Tricking on Aerospokes is a great idea. :thumbsup:


----------



## the_don (Mar 23, 2008)

Archangel1183 said:


> Tricking on Aerospokes is a great idea. :thumbsup:


Actually it is! They are heavy plastic wheels and are very tuff.


----------



## Archangel1183 (Sep 8, 2011)

the_don said:


> Actually it is! They are heavy plastic wheels and are very tuff.


Apparently. They're cheap too. 

I used to trick on BMX's when I was younger and mag wheels always broke quicker than spoked wheels. Aerospoke's are made of hollow carbon/fiberglass composite, even weaker than plastic. Also, they untrue very quickly when abused rendering them useless.They're very expensive disposable wheels.

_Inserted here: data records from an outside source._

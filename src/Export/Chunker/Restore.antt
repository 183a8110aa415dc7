-- ===== src/Export/Chunker/Restore.antt =====
-- `Close` after a whole stream (openvtld/internal/export/tarchunk.go): decoding what the sink received
-- gives back the stream, from the resume point on.
use mathlib.Core.List.{flatten}
use native.Mathlib.Nat.{mul-le-mul_right}
use open_vtl.Prelude.{
  ℕ, suc, ◌+◌, ◌-◌, ◌*◌, ◌/◌, ◌≤◌, ◌<◌, ◌≡◌, refl, sym, ap, ◌∙◌, subst, String, true, false, none,
  some, List, [], ◌∷◌, ◌++◌, append-nil, arith, length, length-append, leb, ltb, inl, inr,
  Bool-cases, drop, drop-append, drop_all, nil_of_length, round_up_rest, round_up_exact,
}
use open_vtl.Export.Chunker.{Chunker, Outcome, new_chunker, chunks_total, write_all, close}
use open_vtl.Export.Chunker.Codec.{Codec, Delivery, restored, Numbered}
use open_vtl.Export.Chunker.Content.{
  H, Staged, skipping, idle, busy, Follows, delivery, closed, close_busy,
}
use open_vtl.Export.Chunker.Windows.{delivered}
use open_vtl.Export.Chunker.Stream.{write_all-Follows, new_chunker-Follows}

module _ (k : Codec) (hash : List ℕ → String) (size skip : ℕ) where
  open k use {decode, flush, round_trip}

  dropped :
      (n : ℕ) (before rest : List ℕ) {d : List ℕ}
      → before ++ rest ≡ d
      → length before ≡ n
      → rest ≡ drop n d
  dropped n before rest e len = rw (← e) (sym (drop-append n before rest len))

  length-append_lem :
      (xs ys : List ℕ) {d : List ℕ} → xs ++ ys ≡ d → length xs + length ys ≡ length d
  length-append_lem xs ys e = sym (length-append xs ys) ∙ ap length e

  -- The log after `Close`: the stream from chunk `skip` on, one delivery for each chunk.
  abbrev pub Closes : List ℕ → Chunker (H k hash) → Outcome (H k hash) → Type 0
  Closes d c o =
      (c' : Chunker (H k hash)) × (w : List Delivery) × (o ≡ (none, c', w))
      × (restored decode w ≡ drop (skip * size) d)
      × Numbered decode hash skip w
      × (length w ≡ chunks_total (H k hash) c - skip)

  -- Past the skipped chunks, what stands before the deliveries is exactly the skipped part.
  before_skipped :
      {d : List ℕ} {c : Chunker (H k hash)} {w : List Delivery} (v : Follows k hash size skip d c w)
      → v.base ≡ c.skip_until
      → length v.before ≡ skip * size
  before_skipped {d} {c} v e = omega (
    arith,
    v.before_counted,
    v.same_skip,
    e,
    ap (λ (b : ℕ). b * c.raw_per_chunk) (e ∙ v.same_skip),
    ap (λ (s : ℕ). skip * s) v.same_size,
  )

  close_whole :
      {d : List ℕ} {c : Chunker (H k hash)} {w : List Delivery} (v : Follows k hash size skip d c w)
      → v.tail ≡ []
      → leb c.skip_until c.idx ≡ true
      → close (H k hash) c w ≡ (none, c, w)
      → Closes d c (close (H k hash) c w)
  unfolding chunks_total
  close_whole {d} {c} {w} v empty s e =
      let above : c.skip_until ≤ c.idx = ground arith in
      let none_open : c.cur_raw ≡ 0 = omega (arith, v.tail_counted, ap length empty) in
      let base : v.base ≡ c.skip_until = omega (arith, v.base_lem) in
      (
        c,
        w,
        e,
        dropped (skip * size) v.before (restored decode w) (rw append-nil at (rw empty at v.split))
            (before_skipped v base),
        subst (λ i. Numbered decode hash i w) v.same_skip v.numbered,
        ground (arith, v.deliveries, v.same_skip),
      )

  close_skipped :
      {d : List ℕ} {c : Chunker (H k hash)} {w : List Delivery} (v : Follows k hash size skip d c w)
      → c.cur_raw < c.raw_per_chunk
      → c.f ≡ none
      → leb c.skip_until c.idx ≡ false
      → Closes d c (close (H k hash) c w)
  unfolding close restored chunks_total
  close_skipped {d} {c} {w} v room f s =
      let below : c.idx < c.skip_until = ground arith in
      let base : v.base ≡ c.idx = omega (arith, v.base_lem) in
      let empty : w ≡ [] = nil_of_length w (omega (arith, v.deliveries, v.base_lem)) in
      let whole : length v.before + length v.tail ≡ length d =
        length-append_lem v.before v.tail (rw empty at v.split) in
      let short : length d ≤ skip * size = omega (
        arith,
        v.before_counted,
        v.tail_counted,
        v.same_skip,
        ap (λ (b : ℕ). b * c.raw_per_chunk) base,
        ap (λ (b : ℕ). b * c.raw_per_chunk) v.same_skip,
        ap (λ (t : ℕ). skip * t) v.same_size,
        mul-le-mul_right {m = suc c.idx} {n = c.skip_until} c.raw_per_chunk below,
      ) in
      (
        c,
        w,
        ground arith,
        rw (empty, drop_all (skip * size) d short) refl,
        rw empty tt,
        ground (arith, v.same_skip, ap length empty),
      )

  -- A window that is open and not empty is delivered.
  close_partial :
      {d : List ℕ} {c : Chunker (H k hash)} {w : List Delivery} (v : Follows k hash size skip d c w)
      → 0 < c.cur_raw
      → (path : String) (e : k.Encoder) → c.f ≡ some path
      → c.enc ≡ some e
      → leb c.skip_until c.idx ≡ true
      → decode (c.sum ++ flush e) ≡ v.tail
      → c.stored ≡ length c.sum
      → Closes d c (close (H k hash) c w)
  unfolding close chunks_total
  close_partial {d} {c} {w} v some_byte path e f enc s decoded counted =
      let w' = w ++ delivery k hash size skip c path e ∷ [] in
      let (split, numbered, count, base) = delivered k hash size skip v path e s decoded counted in
      (
        closed k hash size skip c e,
        w',
        ground (arith, close_busy k hash size skip c w path e f enc),
        dropped (skip * size) v.before (restored decode w') split (before_skipped v base),
        subst (λ i. Numbered decode hash i w') v.same_skip numbered,
        ground (arith, v.same_skip),
      )

  close-Follows :
      {d : List ℕ} {c : Chunker (H k hash)} {w : List Delivery} (v : Follows k hash size skip d c w)
      → c.cur_raw < c.raw_per_chunk
      → Staged k hash size skip v.tail c
      → Closes d c (close (H k hash) c w)
  unfolding close
  close-Follows v room (skipping f enc s) = close_skipped v room f s
  close-Follows v room (idle f enc s empty) =
      close_whole v empty s (ground (arith, v.tail_counted, ap length empty))
  close-Follows {d} {c} {w} v room (busy path e f enc s frame counted) =
      elim (Bool-cases (ltb 0 c.cur_raw)) [
        | inl more ↦ close_partial v (ground arith) path e f enc s (round_trip frame) counted
        | inr done ↦
            close_whole v (nil_of_length v.tail (ground (arith, v.tail_counted))) s (ground arith)
      ]

  -- `runExport` counts the chunks of a stream of `n` bytes as n / size, rounded up.
  chunks_total-Follows :
      {d : List ℕ} {c : Chunker (H k hash)} {w : List Delivery} (v : Follows k hash size skip d c w)
      → c.cur_raw < c.raw_per_chunk
      → chunks_total (H k hash) c ≡ (length d + (size - 1)) / size
  unfolding chunks_total
  chunks_total-Follows {d} {c} v room =
      let p : c.idx * size + c.cur_raw ≡ length d = rw v.same_size at v.position in
      elim (Bool-cases (ltb 0 c.cur_raw)) [
        | inl more ↦ rw more (
            sym (
              round_up_rest c.idx size c.cur_raw (length d) (ground arith)
                (omega (arith, v.same_size)) p))
        | inr full ↦ rw full (
            sym (
              round_up_exact c.idx size (length d) (omega (arith, v.same_size, v.positive))
                (ground arith)))
      ]

  -- On a host that never fails, a stream written in any parts and closed: every call succeeds; the
  -- sink has received one delivery for each chunk from `skip` on, in order and each described by its
  -- own index, sizes and hash; and their frames decode, one after the other, to the stream without
  -- its first `skip` windows. The chunks of the stream are its length over the window size, rounded up.
  pub stream_restored :
      (ps : List (List ℕ))
      → 0 < size
      → (c : Chunker (H k hash)) × (w : List Delivery) × (write_all
            (H k hash)
            ps
            (new_chunker (H k hash) size skip)
            []
          ≡ some (none, c, w))
        × Closes (flatten ps) c (close (H k hash) c w)
        × (chunks_total (H k hash) c ≡ (length (flatten ps) + (size - 1)) / size)
  stream_restored ps pos =
      let (c, w, e, v, room) =
        write_all-Follows k hash size skip ps [] (new_chunker (H k hash) size skip) []
          (new_chunker-Follows k hash size skip pos) (unfold new_chunker in pos) in
      (c, w, e, close-Follows v room v.staged, chunks_total-Follows v room)
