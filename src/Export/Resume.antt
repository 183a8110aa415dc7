-- ===== src/Export/Resume.antt =====
-- openvtld/internal/export/export.go, runExport: where an interrupted export goes on.
pub mod Ledger
pub mod Recorded
use open_vtl.Prelude.{
  ℕ, ◌+◌, Bool, true, false, not, ◌&&◌, Option, none, some, List, [], ◌∷◌, ltb, ◌==◌, if◌then◌else◌,
}
use open_vtl.Store.{ExportChunk}

-- c.UploadedAt != ""
abbrev pub is_uploaded : ExportChunk → Bool
is_uploaded c = has_time c.uploaded_at
  where
    has_time : Option ℕ → Bool
    has_time none = false
    has_time (some t) = true

-- The loop over the ledger, with the value of `skipUntil` so far.
unfoldable pub skip_from : ℕ → List ExportChunk → ℕ
skip_from skip_until [] = skip_until
skip_from skip_until (c ∷ cs) =
    let rest = skip_from (skip_until + 1) cs in
    if c.idx == skip_until && is_uploaded c then rest else skip_until

-- A cart whose size is not the last attempt's starts over.
unfoldable pub resume_point : ℕ → ℕ → List ExportChunk → ℕ
unfolding skip_from
resume_point bytes_total sum_bytes ledger =
    let skip_until = skip_from 0 ledger in
    if ltb 0 skip_until && not (bytes_total == sum_bytes) then 0 else skip_until
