-- ===== src/Store/Jobs.antt =====
-- openvtld/internal/store/jobs.go: the jobs, their events and the ledger of uploaded chunks.
pub mod Ledger
pub mod Transition
use Prim.Native.String.{◌++◌ as str_append}
use open_vtl.Prelude.{
  ℕ, ◌+◌, String, str_eq, Bool, true, false, not, ◌&&◌, ◌||◌, Option, none, some, List, [], ◌∷◌,
  ◌++◌, ltb, leb, ◌==◌, if◌then◌else◌, find, remove_rows, update_rows, count_rows, take,
}
use open_vtl.Exec.{Result, ok, err, Exec, ◌>>=◌, ◌>>◌, pure, or_exit}
use open_vtl.Store.{
  Env, SqlError, engine, not_found, Job, JobEvent, ExportChunk, Tables, Server, sql, query, now,
}

abbrev pub has_job_id : ℕ → Job → Bool
has_job_id id j = j.id == id

-- 'done', 'failed' and 'cancelled'
unfoldable pub is_terminal : String → Bool
is_terminal state = str_eq state "done" || str_eq state "failed" || str_eq state "cancelled"

unfoldable pub change_job : (Job → Job) → ℕ → Tables → Result SqlError (Unit {0}) × Tables
change_job change id db = (ok tt, record db { jobs = update_rows (has_job_id id) change db.jobs })

unfoldable pub insert_event : (ℕ → JobEvent) → Tables → Result SqlError (Unit {0}) × Tables
insert_event row db = (
  ok tt,
  record db {
    job_events = db.job_events ++ row db.next_event ∷ [];
    next_event = db.next_event + 1;
  },
)

unfoldable pub insert_job : (ℕ → Job) → Tables → Result SqlError ℕ × Tables
insert_job row db = (
  ok db.next_job,
  record db { jobs = db.jobs ++ row db.next_job ∷ []; next_job = db.next_job + 1 },
)

-- The state and the times that a transition writes.
unfoldable pub moved : String → ℕ → Job → Job
unfolding is_terminal
moved to ts j =
    if is_terminal to
    then record j { state = to; updated_at = ts; finished_at = some ts }
    else record j { state = to; updated_at = ts }

is_pipeline_kind : String → Bool
is_pipeline_kind kind = str_eq kind "export" || str_eq kind "import" || str_eq kind "evict"

select : {A : Type 0} → (A → Bool) → List A → List A
select test xs = remove_rows (λ x. not (test x)) xs

newest_first : {A : Type 0} → List A → List A → List A
newest_first [] acc = acc
newest_first (x ∷ xs) acc = newest_first xs (x ∷ acc)

-- The key of the ledger.
abbrev pub has_key : ℕ → ℕ → ExportChunk → Bool
has_key job_id idx c = c.job_id == job_id && c.idx == idx

-- INSERT … ON CONFLICT(job_id, idx) DO UPDATE
unfoldable pub upsert_chunk : ExportChunk → List ExportChunk → List ExportChunk
upsert_chunk c rows =
    if ltb 0 (count_rows (has_key c.job_id c.idx) rows)
    then update_rows (has_key c.job_id c.idx) (λ old. c) rows
    else rows ++ c ∷ []

abbrev pub of_job : ℕ → ExportChunk → Bool
of_job job_id c = c.job_id == job_id

unfoldable pub insert_by_idx : ExportChunk → List ExportChunk → List ExportChunk
insert_by_idx c [] = c ∷ []
insert_by_idx c (d ∷ ds) =
    let rest = insert_by_idx c ds in if leb c.idx d.idx then c ∷ d ∷ ds else d ∷ rest

unfoldable pub sort_by_idx : List ExportChunk → List ExportChunk
unfolding insert_by_idx
sort_by_idx [] = []
sort_by_idx (c ∷ cs) = insert_by_idx c (sort_by_idx cs)

-- SELECT … WHERE job_id=? ORDER BY idx
unfoldable pub ledger_rows : ℕ → List ExportChunk → List ExportChunk
unfolding sort_by_idx
ledger_rows job_id rows = sort_by_idx (remove_rows (λ c. not (of_job job_id c)) rows)

module _ (env : Env) where
  unfoldable pub get_job : ℕ → Exec (Server env) SqlError Job
  get_job id = do row ← query env (λ db. find (has_job_id id) db.jobs); or_exit not_found row

  -- The row and its event are two statements; the second may fail and leave a job without one.
  unfoldable pub create_job :
      String → String → Option ℕ → String → String → String → Exec (Server env) SqlError Job
  create_job kind label remote_id generation state trigger = do
    ts ← now env
    id ← sql env (
        insert_job (λ id. record {
          id = id;
          kind = kind;
          cart_label = label;
          remote_id = remote_id;
          generation = generation;
          state = state;
          trigger = trigger;
          bytes_total = 0;
          bytes_done = 0;
          chunks_total = 0;
          chunks_done = 0;
          error = "";
          created_at = ts;
          updated_at = ts;
          finished_at = none;
          system_name = "";
          target_library = none;
        }))
    sql env (
        insert_event (λ e. record {
          id = e;
          job_id = id;
          ts = ts;
          from_state = "";
          to_state = state;
          detail = str_append "job created (" (str_append trigger ")");
        }))
    get_job id

  -- A write to one job, stamped with the time.
  stamp : (ℕ → Job → Job) → ℕ → Exec (Server env) SqlError (Unit {0})
  stamp change id = do ts ← now env; sql env (change_job (change ts) id)

  unfoldable pub set_job_import_target : ℕ → String → ℕ → Exec (Server env) SqlError (Unit {0})
  unfolding stamp
  set_job_import_target id system_name library =
      stamp
        (λ ts j. record j {
          system_name = system_name;
          target_library = some library;
          updated_at = ts;
        })
        id

  unfoldable pub set_job_error : ℕ → String → Exec (Server env) SqlError (Unit {0})
  unfolding stamp
  set_job_error id msg = stamp (λ ts j. record j { error = msg; updated_at = ts }) id

  unfoldable pub set_job_generation : ℕ → String → Exec (Server env) SqlError (Unit {0})
  unfolding stamp
  set_job_generation id generation =
      stamp (λ ts j. record j { generation = generation; updated_at = ts }) id

  unfoldable pub set_job_totals : ℕ → ℕ → ℕ → Exec (Server env) SqlError (Unit {0})
  unfolding stamp
  set_job_totals id bytes chunks =
      stamp (λ ts j. record j { bytes_total = bytes; chunks_total = chunks; updated_at = ts }) id

  unfoldable pub set_job_progress : ℕ → ℕ → ℕ → Exec (Server env) SqlError (Unit {0})
  unfolding stamp
  set_job_progress id bytes chunks =
      stamp (λ ts j. record j { bytes_done = bytes; chunks_done = chunks; updated_at = ts }) id

  unfoldable pub list_jobs : ℕ → Exec (Server env) SqlError (List Job)
  unfolding newest_first
  list_jobs limit = query env (λ db. take limit (newest_first db.jobs []))

  -- The resume queue of the export pipeline, oldest first.
  unfoldable pub unfinished_jobs : Exec (Server env) SqlError (List Job)
  unfolding select is_pipeline_kind is_terminal
  unfinished_jobs =
      query env (λ db. select (λ j. not (is_terminal j.state) && is_pipeline_kind j.kind) db.jobs)

  -- The number of jobs that it failed; no event is recorded for them.
  unfoldable pub fail_interrupted_jobs : String → String → Exec (Server env) SqlError ℕ
  unfolding is_terminal
  fail_interrupted_jobs kind detail = do
    ts ← now env
    sql env (λ db.
        let open_job : Job → Bool = λ j. str_eq j.kind kind && not (is_terminal j.state) in
        (
          ok (count_rows open_job db.jobs),
          record db {
            jobs =
                update_rows open_job
                  (λ j. record j {
                    state = "failed";
                    error = detail;
                    updated_at = ts;
                    finished_at = some ts;
                  })
                  db.jobs;
          },
        ))

  unfoldable pub rolled_back :
      {A : Type 0} → Tables → Result SqlError A × Server env → Result SqlError A × Server env
  rolled_back before (ok a, s) = (ok a, s)
  rolled_back before (err e, s) = (err e, record s { db = before })

  -- BeginTx, the statements, Commit.
  unfoldable pub in_transaction :
      {A : Type 0} → Exec (Server env) SqlError A → Exec (Server env) SqlError A
  in_transaction body = do query env (λ db. tt); a ← body; query env (λ db. tt); pure a

  -- An error at any of them rolls back what the others did.
  unfoldable pub transaction :
      {A : Type 0} → Exec (Server env) SqlError A → Exec (Server env) SqlError A
  unfolding rolled_back in_transaction
  transaction body s = rolled_back s.db (in_transaction body s)

  unfoldable pub transition_job :
      ℕ → String → String → String → Exec (Server env) SqlError (Unit {0})
  unfolding transaction
  transition_job id from to detail = do
    ts ← now env
    transaction (do
      sql env (change_job (moved to ts) id)
      sql env (
          insert_event (λ e. record {
            id = e;
            job_id = id;
            ts = ts;
            from_state = from;
            to_state = to;
            detail = detail;
          })))

  unfoldable pub job_events_of : ℕ → Exec (Server env) SqlError (List JobEvent)
  unfolding select
  job_events_of id = query env (λ db. select (λ e. e.job_id == id) db.job_events)

  -- The row is stamped with the time, whatever the caller put there.
  unfoldable pub record_chunk : ExportChunk → Exec (Server env) SqlError (Unit {0})
  record_chunk c = do
    ts ← now env
    sql env (λ db. (
      ok tt,
      record db {
        export_chunks = upsert_chunk (record c { uploaded_at = some ts }) db.export_chunks;
      },
    ))

  unfoldable pub clear_chunks : ℕ → Exec (Server env) SqlError (Unit {0})
  clear_chunks job_id =
      sql env
        (λ db. (ok tt, record db { export_chunks = remove_rows (of_job job_id) db.export_chunks }))

  unfoldable pub chunks_for_job : ℕ → Exec (Server env) SqlError (List ExportChunk)
  chunks_for_job job_id = query env (λ db. ledger_rows job_id db.export_chunks)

Look up broken or cracked Aerospoke on google and you'll find hundreds of pictures proving my point.


----------



## teflondog (Aug 23, 2011)

One advantage for me is that they look cool. I'm thinking of getting some Zipps for purely vanity reasons. I don't ride very fast (~15-17mph) so I wouldn't get the aero benefits of going to a carbon wheelset.


----------



## terbennett (Apr 1, 2006)

Aerospokes aren't weak wheels. Saying that they are expensive and weak is a matter of what you use them for. They are stronger than the $2500 pair of Zipp 404s I use. Aerospokes reason for being is the "propeller effect" these wheels create. Due to weight, they aren't as fast as others off the line, but ones you get them going, the wheels work like a propeller and they go hella fast once at speed. What is lame is the effect primarily works on the rear. So all of those fixie riders with a front aerospoke and none on the rear are gaining no advantage to having an aerospoke- which is a shame. These wheels are really heavy.


----------



## Kerry Irons (Feb 25, 2002)

*Propeller effect?*



terbennett said:


> Aerospokes reason for being is the "propeller effect" these wheels create. Due to weight, they aren't as fast as others off the line, but ones you get them going, the wheels work like a propeller and they go hella fast once at speed. What is lame is the effect primarily works on the rear. So all of those fixie riders with a front aerospoke and none on the rear are gaining no advantage to having an aerospoke- which is a shame.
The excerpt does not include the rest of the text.